- Announcement poster
- Directed by: Nitesh Tiwari
- Screenplay by: Shridhar Raghavan Nitesh Tiwari
- Dialogues by: Shreyas Jain; Nitesh Tiwari;
- Based on: Ramayana by Valmiki
- Produced by: Namit Malhotra; Yash;
- Starring: Ranbir Kapoor; Ravi Dubey; Sai Pallavi; Sunny Deol; Yash;
- Cinematography: Pankaj Kumar; Mahesh Limaye;
- Edited by: Huzefa Lokhandwala
- Music by: Hans Zimmer; A. R. Rahman;
- Production companies: Prime Focus Studios; Monster Mind Creations; DNEG;
- Distributed by: Dharma Distribution (North India); Sony Pictures Releasing (International);
- Release date: 6 November 2026;
- Country: India
- Language: Hindi;
- Budget: ₹4,000 crore (combined with part 2; includes marketing cost)

= Ramayana: Part 1 =

Upcoming Indian film by Nitesh Tiwari

Ramayana: Part 1 (Note: Titled on-screen as Namit Malhotra's Ramayana with the tagline "Our Truth. Our History".) is an upcoming Indian Hindi-language epic mythological film directed by Nitesh Tiwari, who co-wrote the screenplay with Shridhar Raghavan. Produced by Namit Malhotra and Yash, the film is based on the ancient Sanskrit epic Ramayana by Valmiki, which chronicles the life and trials of Prince Rama of Ayodhya. Conceived as the first installment of a planned two-part film series, it features an ensemble cast including Ranbir Kapoor, Ravi Dubey (in his film debut), Sai Pallavi, Sunny Deol, Yash (in his Hindi film debut), Anupam Kher, Kajal Aggarwal, Rakul Preet Singh, Vivek Oberoi, Kunal Kapoor, Adinath Kothare, Arun Govil, Indira Krishnan and Lara Dutta.
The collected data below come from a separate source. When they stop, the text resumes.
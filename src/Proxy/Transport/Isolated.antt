-- ===== src/Proxy/Transport/Isolated.antt =====
-- A dry run keeps everything inside of the proxy.
use Prim.Native.String.{String}
use s3proxy4gcs.Base.{ℕ, ◌≡◌, refl, true, Option, some, [], codes, lookup}
use s3proxy4gcs.Config.{Settings}
use s3proxy4gcs.Http.{Request, get_header}
use s3proxy4gcs.Proxy.Monad.{State, M, Plane, read_plane, write_plane}
use s3proxy4gcs.Proxy.Client.{Env}
use s3proxy4gcs.Proxy.Ops.{health, readyz, readyz_handler, answer, feature_disabled_404}
use s3proxy4gcs.Proxy.Rules.World.{Reads, reads_rules, write_header-Reads}
use s3proxy4gcs.Proxy.Safety.DryRun.{handle_s3_request-dry_run}
use s3proxy4gcs.Proxy.Director.{Outgoing}
use s3proxy4gcs.Proxy.Server.{Router, serve}
use s3proxy4gcs.Proxy.Server.Routed.{IsRouter, serve-Holds}
use s3proxy4gcs.Proxy.Transport.{
  Transport, Response, dry_run_round_trip, exchange, round_trip, read_proxy, write_proxy,
}
use s3proxy4gcs.Proxy.Director.{modify_response}

module _ {N : Type 0} (send : Transport → Outgoing → N → Option Response × N) where
  exchange-dry_run :
      (settings : Settings) (plane : Plane) (o : Outgoing) (n : N)
      → settings.dry_run ≡ true
      → exchange send settings plane o n ≡ (
        some (record {
          status_code = 200;
          header = [];
          body = codes "Successfully proxied to GCS (DryRun - no real hits).";
          request = o;
        }),
        n,
      )
  unfolding exchange round_trip read_proxy write_proxy dry_run_round_trip modify_response get_header
      lookup
  exchange-dry_run settings read_plane o n dry = rw dry refl
  exchange-dry_run settings write_plane o n dry = rw dry refl

module _ {W : Type 0} where
  feature_disabled_404-Reads : (feature : String) → Reads {W = W} (feature_disabled_404 feature)
  unfolding feature_disabled_404
  feature_disabled_404-Reads feature = search reads_rules depth 12

  answer-Reads : (code : ℕ) (text : String) → Reads {W = W} (answer code text)
  unfolding answer
  answer-Reads code text = search reads_rules depth 12

  health-Reads : (env : Env W) → Reads (health env)
  unfolding health
  health-Reads env = search (reads_rules, feature_disabled_404-Reads, answer-Reads) depth 12

  readyz_handler-Reads : (env : Env W) → Reads (readyz_handler env)
  unfolding readyz_handler
  readyz_handler-Reads env = search (reads_rules, answer-Reads) depth 20

  readyz-Reads : (env : Env W) → Reads (readyz env)
  unfolding readyz
  readyz-Reads env = search (reads_rules, feature_disabled_404-Reads, readyz_handler-Reads) depth 12

  -- In a dry run nothing leaves the proxy, if the router picks only routes that are registered for
  -- the method and the page of /metrics changes nothing: no request of any path and method makes
  -- the proxy call the storage service for a change; and whatever is handed to either of the reverse
  -- proxies is answered with the status 200, no headers and the text "Successfully proxied to GCS
  -- (DryRun - no real hits).", and the network is left as it was.
  pub serve-dry_run :
      {N : Type 0} (send : Transport → Outgoing → N → Option Response × N) (chi : Router W)
      → IsRouter chi
      → (env : Env W) → env.settings.dry_run ≡ true
      → (scrape : M W (Unit {0})) → Reads scrape
      → (r : Request) (s : State W)
      → ((serve chi env scrape r s).1.world ≡ s.world)
        × ((plane : Plane) (o : Outgoing) (n : N)
            → exchange send env.settings plane o n ≡ (
              some (record {
                status_code = 200;
                header = [];
                body = codes "Successfully proxied to GCS (DryRun - no real hits).";
                request = o;
              }),
              n,
            ))
  serve-dry_run send chi law env dry scrape scraped r s = (
    serve-Holds chi law env scrape r (λ m. (m s).1.world ≡ s.world)
        (record {
          of_scrape = scraped.at s;
          of_disabled = λ feature. (feature_disabled_404-Reads feature).at s;
          of_health = (health-Reads env).at s;
          of_readyz = (readyz-Reads env).at s;
          of_s3 = handle_s3_request-dry_run env dry r s;
          of_refusal = λ code. (write_header-Reads code).at s;
        }),
    λ plane o n. exchange-dry_run send env.settings plane o n dry,
  )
The project was announced in May 2017 as a live-action adaptation of Valmiki's Ramayana, initially conceived as a trilogy by producers. Following several years of development and script refinement, the project was restructured as a two-part film series under Tiwari's sole direction. For the film's score, Hans Zimmer and A. R. Rahman jointly came on board, marking Zimmer's full-fledged debut in the Indian film industry after briefly working on a song for the original soundtrack of Fateh. Filming began in April 2024 at Film City, Mumbai, and continued until July 2025. With an estimated budget of ₹4000 crore, it is set to be the most expensive Indian film ever made.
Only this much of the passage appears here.